There could not have been a better time for this matter to be taken on the Adjournment. While the country is being battered by storms and floods, a small army of people turn up in hail, rain and snow at schools throughout the country to ensure that children can safely cross the road at the beginning of their journey home. The job is done mainly by women who are described as "lollipop ladies" but whose official title is school traffic warden. It is not a glamorous job and only pays about £70 per week. However, it is a vitally important task. Up to this year when schools closed for the summer holidays, the school traffic wardens signed on at the local employment exchange and received payment. I presume that in the Minister's reply I will be told that people who sign on at such exchanges must be actively seeking employment, and I am aware that is one of the criteria laid down. However, in practice, what happened up to this year was that, very sensibly and practically, the people processing the claims in the local labour exchanges realised the value of the work these people were doing and simply paid them the benefit for the duration of the summer holidays. That system operated until this year when a number of the women working as "lollipop ladies" were told that they had to actively seek full-time employment. Prior to the change in their entitlement to benefit, there was already a crisis in local authorities concerning people who were available and willing to take up work as school traffic wardens. As a result of what I have been told about the changes in the way in which these people are dealt with, that crisis will become more evident as time goes on.
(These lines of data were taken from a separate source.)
-- ===== src/Tools/Filesystem/Paths.antt =====
-- The paths that `validate_path` of skills/skill-filesystem/src/lib.rs lets through.
use orion_dock.Prelude.{
  subst, ◌||◌, String, ◌≡◌, refl, sym, ap, ◌∙◌, ◌⊎◌, inl, inr, Bool, true, false, Option, none,
  some, List, [], ◌∷◌, ◌++◌, append_assoc, arith, Elem, any-Elem, and_eq_true, eq_iff,
  if◌then◌else◌, Bool-cases, append-nil, ◌==◌,
}
use orion_dock.Skills.Registry.{SkillResult, ok, err}
use orion_dock.Tools.Host.{
  FilePath, path_from, parent, join_file_name, last_part, begins_with, Io, Os, Json,
}
use orion_dock.Tools.Filesystem.{
  Session, Run, and_then, io, permission_denied, canonical_root, is_within_allowed_roots,
  is_traversal, validate_path, validate_existing, validate_parent,
}

begins_with-ok :
    (path root : FilePath)
    → begins_with path root ≡ true
    → (rest : FilePath) × (path ≡ root ++ rest)
unfolding begins_with
begins_with-ok path [] h = (path, refl)
begins_with-ok [] (r ∷ root) h = cc
begins_with-ok (p ∷ path) (r ∷ root) h =
    let (same, more) = and_eq_true (p == r) (begins_with path root) h in
    let (rest, e) = begins_with-ok path root more in (rest, rw ((eq_iff p r).0 same, e) refl)

if_extends :
    (b : Bool) (path tail : FilePath)
    → (rest : FilePath) × ((if b then path else path ++ tail) ≡ path ++ rest)
if_extends true path tail = ([], sym (append-nil path))
if_extends false path tail = (tail, refl)

join_file_name-extends :
    (path other : FilePath) → (tail : FilePath) × (join_file_name path other ≡ path ++ tail)
unfolding join_file_name
join_file_name-extends path other =
    if_extends
      (last_part other == ""
        || last_part other == "/"
        || last_part other == "."
        || last_part other == "..")
      path (last_part other ∷ [])

-- The branch that a test leaves of a run.
then_run :
    {S R : Type 0} (b : Bool) (m n : S → R) (s : S) {r : R}
    → b ≡ true
    → (if b then m else n) s ≡ r
    → m s ≡ r
then_run true m n s e h = h
then_run false m n s e h = cc

else_run :
    {S R : Type 0} (b : Bool) (m n : S → R) (s : S) {r : R}
    → b ≡ false
    → (if b then m else n) s ≡ r
    → n s ≡ r
else_run true m n s e h = cc
else_run false m n s e h = h

pub Io-cases :
    {A : Type 0} (answer : Io A)
    → ((a : A) × (answer ≡ Io.done a)) ⊎ ((e : String) × (answer ≡ Io.failed e))
Io-cases (Io.done a) = inl (a, refl)
Io-cases (Io.failed e) = inr (e, refl)

ok-injective : {A : Type 0} {a b : A} → ok a ≡ ok b → a ≡ b
ok-injective h = cc

-- The world and the roots are as they were.
abbrev pub Calm : {Value W : Type 0} → Session Value W → Session Value W → Type 0
Calm s s' = (s'.world ≡ s.world) × (s'.skill.allowed_roots ≡ s.skill.allowed_roots)

module _ {Value W : Type 0} (json : Json Value) (os : Os W) (debug : List String → String) where
  -- Below an allowed root, resolved if the system can resolve it.
  abbrev pub Inside : List FilePath → W → FilePath → Type 0
  Inside roots w path =
      (root : FilePath) × (rest : FilePath) × Elem root roots
      × (path ≡ canonical_root json os debug w root ++ rest)

  is_within-Inside :
      (path : FilePath) (s : Session Value W)
      → is_within_allowed_roots json os debug path s ≡ true
      → Inside s.skill.allowed_roots s.world path
  unfolding is_within_allowed_roots
  is_within-Inside path s h =
      let (root, member, begins) =
        any-Elem (λ root. begins_with path (canonical_root json os debug s.world root))
          s.skill.allowed_roots h in
      let (rest, e) = begins_with-ok path (canonical_root json os debug s.world root) begins in
      (root, rest, member, e)

  pub validate_path-Calm :
      (path_str : String) (s : Session Value W) → Calm s (validate_path json os debug path_str s).1
  unfolding validate_path
  validate_path-Calm path_str s = ground arith

  pub and_then-ok :
      {A B : Type 0} (r : SkillResult A × Session Value W) (k : A → Run json os debug B) (b : B)
      (s' : Session Value W)
      → and_then json os debug r k ≡ (ok b, s')
      → (a : A) × (t : Session Value W) × (r ≡ (ok a, t)) × (k a t ≡ (ok b, s'))
  and_then-ok (ok a, t) k b s' h = (a, t, refl, h)
  and_then-ok (err e, t) k b s' h = let h' = ap (λ p. p.0) h in cc

  io-ok :
      {A : Type 0} (message : String) (answer : Io A) (s t : Session Value W) (a : A)
      → io json os debug message answer s ≡ (ok a, t)
      → (answer ≡ Io.done a) × (t ≡ s)
  io-ok message (Io.done a') s t a h =
      (ap Io.done (ok-injective (ap (λ p. p.0) h)), sym (ap (λ p. p.1) h))
  io-ok message (Io.failed e) s t a h = let h' = ap (λ p. p.0) h in cc

  if-ok :
      (inside : Bool) (found path : FilePath) (path_str reason : String) (s t : Session Value W)
      → (if◌then◌else◌ {A = Run json os debug FilePath} inside
            (λ s. (ok found, s))
            (permission_denied json os debug path_str reason))
          s
        ≡ (ok path, t)
      → (inside ≡ true) × (found ≡ path) × (t ≡ s)
  unfolding permission_denied
  if-ok true found path path_str reason s t h =
      (refl, ok-injective (ap (λ p. p.0) h), sym (ap (λ p. p.1) h))
  if-ok false found path path_str reason s t h = let h' = ap (λ p. p.0) h in cc

  denied-ok :
      {A : Type 0} {a : A} (path_str reason : String) (s t : Session Value W)
      → permission_denied json os debug path_str reason s ≡ (ok a, t)
      → ⊥
  unfolding permission_denied
  denied-ok path_str reason s t h = let h' = ap (λ p. p.0) h in cc

  validate_existing-ok :
      (path_str : String) (path : FilePath) (s t : Session Value W)
      → validate_existing json os debug path_str s ≡ (ok path, t)
      → (t ≡ s) × Inside s.skill.allowed_roots s.world path
  validate_existing-ok path_str path s t h =
      let (c, u, resolved, rest) =
        and_then-ok
          (io json os debug "Cannot resolve path: " (os.canonicalize (path_from path_str) s.world)
            s)
          _ path t h in
      let (answer, same) = io-ok "Cannot resolve path: " _ s u c resolved in
      let (inside, found, kept) =
        if-ok (is_within_allowed_roots json os debug c u) c path path_str _ u t rest in
      (
        kept ∙ same,
        subst (λ p. Inside s.skill.allowed_roots s.world p) found
            (is_within-Inside c s
              (ap (is_within_allowed_roots json os debug c) (sym same) ∙ inside)),
      )

  Inside-extend :
      (roots : List FilePath) (w : W) (path tail : FilePath)
      → Inside roots w path
      → Inside roots w (path ++ tail)
  Inside-extend roots w path tail (root, rest, member, e) = (
    root,
    rest ++ tail,
    member,
    ap (λ p. p ++ tail) e ∙ append_assoc (canonical_root json os debug w root) rest tail,
  )

  Inside-join :
      (roots : List FilePath) (w : W) (path other : FilePath)
      → Inside roots w path
      → Inside roots w (join_file_name path other)
  Inside-join roots w path other h =
      let (tail, e) = join_file_name-extends path other in
      subst (λ p. Inside roots w p) (sym e) (Inside-extend roots w path tail h)

  validate_parent-ok :
      (path_str : String) (above : Option FilePath) (path : FilePath) (s t : Session Value W)
      → validate_parent json os debug path_str above s ≡ (ok path, t)
      → (t ≡ s) × Inside s.skill.allowed_roots s.world path
  validate_parent-ok path_str none path s t h = absurd (denied-ok path_str _ s t h)
  validate_parent-ok path_str (some above) path s t h =
      elim (Bool-cases (os.exists above s.world)) [
        | inr gone ↦
            absurd (denied-ok path_str _ s t (else_run (os.exists above s.world) _ _ _ gone h))
        | inl there ↦
            let (c, u, resolved, rest) =
              and_then-ok
                (io json os debug "Cannot resolve parent path: " (os.canonicalize above s.world) s)
                _ path t (then_run (os.exists above s.world) _ _ _ there h) in
            let (answer, same) = io-ok "Cannot resolve parent path: " _ s u c resolved in
            let (inside, found, kept) =
              if-ok (is_within_allowed_roots json os debug c u)
                (join_file_name c (path_from path_str)) path path_str _ u t rest in
            (
              kept ∙ same,
              subst (λ p. Inside s.skill.allowed_roots s.world p) found
                  (Inside-join s.skill.allowed_roots s.world c (path_from path_str) (
                    is_within-Inside c s
                      (ap (is_within_allowed_roots json os debug c) (sym same) ∙ inside))),
            )
      ]

  pub validate_path-ok :
      (path_str : String) (path : FilePath) (s t : Session Value W)
      → validate_path json os debug path_str s ≡ (ok path, t)
      → (t ≡ s) × Inside s.skill.allowed_roots s.world path
  unfolding validate_path
  validate_path-ok path_str path s t h = elim (Bool-cases (is_traversal path_str)) [
    | inl bad ↦ absurd (denied-ok path_str _ s t (then_run (is_traversal path_str) _ _ _ bad h))
    | inr good ↦
        let h' = else_run (is_traversal path_str) _ _ _ good h in
        elim (Bool-cases (os.exists (path_from path_str) s.world)) [
          | inl there ↦
              validate_existing-ok path_str path s t
                (then_run (os.exists (path_from path_str) s.world) _ _ _ there h')
          | inr gone ↦
              validate_parent-ok path_str (parent (path_from path_str)) path s t
                (else_run (os.exists (path_from path_str) s.world) _ _ _ gone h')
        ]
  ]
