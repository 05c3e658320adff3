-- ===== src/Tools/Filesystem/Confined.antt =====
-- What the tools of skills/skill-filesystem/src/lib.rs leave of the world.
use orion_dock.Prelude.{
  subst, String, ◌≡◌, refl, sym, ap, ◌∙◌, ◌⊎◌, inl, inr, Bool, true, false, Option, none, some,
  List, arith, if◌then◌else◌, ◌==◌,
}
use orion_dock.Skills.Registry.{SkillResult, ok, err}
use orion_dock.Skills.Executor.{ToolOutput, ToolParams}
use orion_dock.Tools.Host.{FilePath, parent, Os, Json}
use orion_dock.Tools.Filesystem.{
  Session, Run, and_then, validate_path, read_file, write_file, list_directory, search_files,
  dispatch, execute_tool, attach_failure, with_failure, required, write_below,
}
use orion_dock.Tools.Filesystem.Paths.{Inside, Calm, validate_path-Calm, validate_path-ok}

module _ {Value W : Type 0} (json : Json Value) (os : Os W) (debug : List String → String) where
  -- What a call leaves of the world: as it was, or after directories above a path inside the roots
  -- were made, or after that path was written as well.
  pub data Confined (roots : List FilePath) (w : W) : W → Type 0 where
    untouched : Confined roots w w
    created :
        (path above : FilePath)
        → Inside json os debug roots w path
        → parent path ≡ some above
        → Confined roots w (os.create_dir_all above w).1
    written :
        (path : FilePath) (content : String)
        → Inside json os debug roots w path
        → parent path ≡ none
        → Confined roots w (os.write path content w).1
    created_written :
        (path above : FilePath) (content : String)
        → Inside json os debug roots w path
        → parent path ≡ some above
        → Confined roots w (os.write path content (os.create_dir_all above w).1).1

  Kept : Session Value W → Session Value W → Type 0
  Kept s s' =
      Confined s.skill.allowed_roots s.world s'.world
      × (s'.skill.allowed_roots ≡ s.skill.allowed_roots)

  calm-Kept : (s s' : Session Value W) → Calm s s' → Kept s s'
  unfolding Kept
  calm-Kept s s' (same, roots) =
      (subst (Confined s.skill.allowed_roots s.world) (sym same) Confined.untouched, roots)

  read_file-Calm :
      (path_str : String) (s : Session Value W) → Calm s (read_file json os debug path_str s).1
  unfolding read_file
  read_file-Calm path_str s = ground (arith, validate_path-Calm json os debug path_str s)

  list_directory-Calm :
      (path_str : String) (s : Session Value W) → Calm s (list_directory json os debug path_str s).1
  unfolding list_directory
  list_directory-Calm path_str s = ground (arith, validate_path-Calm json os debug path_str s)

  search_files-Calm :
      (pattern path_str : String) (s : Session Value W)
      → Calm s (search_files json os debug pattern path_str s).1
  unfolding search_files
  search_files-Calm pattern path_str s = ground (arith, validate_path-Calm json os debug path_str s)

  write_below-none :
      (content : String) (path : FilePath) (s : Session Value W)
      → Calm
          (record s { world = (os.write path content s.world).1 })
          (write_below json os debug content path none s).1
  write_below-none content path s = ground arith

  write_below-some :
      (content : String) (path above : FilePath) (s : Session Value W)
      → let made = (os.create_dir_all above s.world).1 in
        Calm (record s { world = made }) (write_below json os debug content path (some above) s).1
        ⊎ Calm
            (record s { world = (os.write path content made).1 })
            (write_below json os debug content path (some above) s).1
  write_below-some content path above s = ground arith

  write_below-Kept :
      (content : String) (path : FilePath) (above : Option FilePath) (s : Session Value W)
      → Inside json os debug s.skill.allowed_roots s.world path
      → parent path ≡ above
      → Kept s (write_below json os debug content path above s).1
  unfolding Kept
  write_below-Kept content path none s inside e =
      let (world, roots) = write_below-none content path s in
      (
        subst (Confined s.skill.allowed_roots s.world) (sym world)
            (Confined.written path content inside e),
        roots,
      )
  write_below-Kept content path (some above) s inside e =
      elim (write_below-some content path above s) [
        | inl (world, roots) ↦ (
          subst (Confined s.skill.allowed_roots s.world) (sym world)
              (Confined.created path above inside e),
          roots,
        )
        | inr (world, roots) ↦ (
          subst (Confined s.skill.allowed_roots s.world) (sym world)
              (Confined.created_written path above content inside e),
          roots,
        )
      ]

  write_valid-Kept :
      (path_str content : String) (s : Session Value W) (r : SkillResult FilePath × Session Value W)
      → validate_path json os debug path_str s ≡ r
      → Kept s
          (and_then json os debug r
            (λ path. write_below json os debug content path (parent path))).1
  unfolding Kept
  write_valid-Kept path_str content s (err e, t) valid =
      calm-Kept s t (subst (λ r. Calm s r.1) valid (validate_path-Calm json os debug path_str s))
  write_valid-Kept path_str content s (ok path, t) valid =
      let (same, inside) = validate_path-ok json os debug path_str path s t valid in
      subst (λ u. Kept s (write_below json os debug content path (parent path) u).1) (sym same)
        (write_below-Kept content path (parent path) s inside refl)

  write_file-Kept :
      (path_str content : String) (s : Session Value W)
      → Kept s (write_file json os debug path_str content s).1
  unfolding write_file
  write_file-Kept path_str content s =
      write_valid-Kept path_str content s (validate_path json os debug path_str s) refl

  chain-Kept :
      {A B : Type 0} (s : Session Value W) (r : SkillResult A × Session Value W)
      (k : A → Run json os debug B)
      → r.1 ≡ s
      → ((a : A) → Kept s (k a s).1)
      → Kept s (and_then json os debug r k).1
  unfolding Kept
  chain-Kept s (ok a, t) k same kept = subst (λ u. Kept s (k a u).1) (sym same) (kept a)
  chain-Kept s (err e, t) k same kept =
      calm-Kept s t (ap (λ u. u.world) same, ap (λ u. u.skill.allowed_roots) same)

  required-same :
      (params : ToolParams Value) (key : String) (s : Session Value W)
      → (required json os debug params key s).1 ≡ s
  required-same params key s = ground arith

  branch-Kept :
      {A : Type 0} (b : Bool) (m n : Run json os debug A) (s : Session Value W)
      → Kept s (m s).1
      → Kept s (n s).1
      → Kept s ((if b then m else n) s).1
  branch-Kept true m n s h k = h
  branch-Kept false m n s h k = k

  dispatch-Kept :
      (tool_name : String) (params : ToolParams Value) (s : Session Value W)
      → Kept s (dispatch json os debug tool_name params s).1
  unfolding dispatch
  dispatch-Kept tool_name params s =
      branch-Kept (tool_name == "read_file") _ _ s
        (chain-Kept s (required json os debug params "path" s) (read_file json os debug)
          (required-same params "path" s) (λ path. calm-Kept s _ (read_file-Calm path s)))
        (branch-Kept (tool_name == "write_file") _ _ s
          (chain-Kept s (required json os debug params "path" s) _ (required-same params "path" s)
            (λ path.
              chain-Kept s (required json os debug params "content" s)
                (write_file json os debug path) (required-same params "content" s)
                (λ content. write_file-Kept path content s)))
          (branch-Kept (tool_name == "list_directory") _ _ s
            (chain-Kept s (required json os debug params "path" s) (list_directory json os debug)
              (required-same params "path" s) (λ path. calm-Kept s _ (list_directory-Calm path s)))
            (branch-Kept (tool_name == "search_files") _ _ s
              (chain-Kept s (required json os debug params "pattern" s) _
                (required-same params "pattern" s)
                (λ pattern.
                  chain-Kept s (required json os debug params "root" s)
                    (search_files json os debug pattern) (required-same params "root" s)
                    (λ root. calm-Kept s _ (search_files-Calm pattern root s))))
              (calm-Kept s s (refl, refl)))))

  attach-Calm :
      (r : SkillResult (ToolOutput Value) × Session Value W)
      → Calm r.1 (attach_failure json os debug r).1
  attach-Calm (ok out, t) = (refl, refl)
  attach-Calm (err e, t) = ground arith

  attach-Kept :
      (s : Session Value W) (r : SkillResult (ToolOutput Value) × Session Value W)
      → Kept s r.1
      → Kept s (attach_failure json os debug r).1
  unfolding Kept
  attach-Kept s r (confined, roots) =
      let (same, kept) = attach-Calm r in
      (subst (Confined s.skill.allowed_roots s.world) (sym same) confined, kept ∙ roots)

  -- A call of any tool leaves the world as it was, or makes directories above a path inside an allowed
  -- root, or writes that path after that: the path has the components of the resolved root at its
  -- front. The allowed roots stay.
  pub execute_tool-Confined :
      (tool_name : String) (params : ToolParams Value) (s : Session Value W)
      → let after = (execute_tool json os debug tool_name params s).1 in
        Confined s.skill.allowed_roots s.world after.world
        × (after.skill.allowed_roots ≡ s.skill.allowed_roots)
  unfolding execute_tool Kept
  execute_tool-Confined tool_name params s =
      let cleared = with_failure json os debug none s in
      attach-Kept cleared (dispatch json os debug tool_name params cleared)
        (dispatch-Kept tool_name params cleared)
The Minister for Education and Science or the Minister for Social, Community and Family Affairs or both will have to address this issue. If we continue to deal with it the way it was dealt with this summer, it will force women, who in the main do this job, to seek employment in McDonalds or Intel or wherever they can get employment. They will be reluctant as a result to return to the job they were doing because it is not easy. They turn out in the worst possible weathers and do a very important and responsible job. If they do not turn out, it will mean local authorities, the Minister for Education and Science and schools throughout the country will be faced with a crisis with regard to how children will get across the road safely.
Either the Minister for Social, Community and Family Affairs recognises the precedent throughout previous summers and allows these people to sign on and receive their benefit or the Minister for Education and Science accepts that that is not appropriate and that they cannot be available for and actively seeking work during the summer and must return to work in September. If that is the case, there is a responsibility on the Minister for Education and Science to pay these people during the summer months they do not work as school wardens. They do not do so not because they do not want to but because the job is not there for them during the summer. They sign on, collect meagre benefit during the summer and go back to the job they enjoy.
It is an important job and not just from the point of view of the safety of children getting across the road. I know from my experience and from my involvement and friendship with women who are school wardens that children often speak to the school warden, the "lollipop lady", about problems and concerns they have which they might not approach other people with.
What happened this summer, where a large number of school wardens – lollipop ladies – were told they would not be paid during the summer, to go and get full-time employment or to hang around without being paid and return and do a very valuable job, is not acceptable. It should and must be addressed before the Christmas holidays and before it becomes a crisis for schools.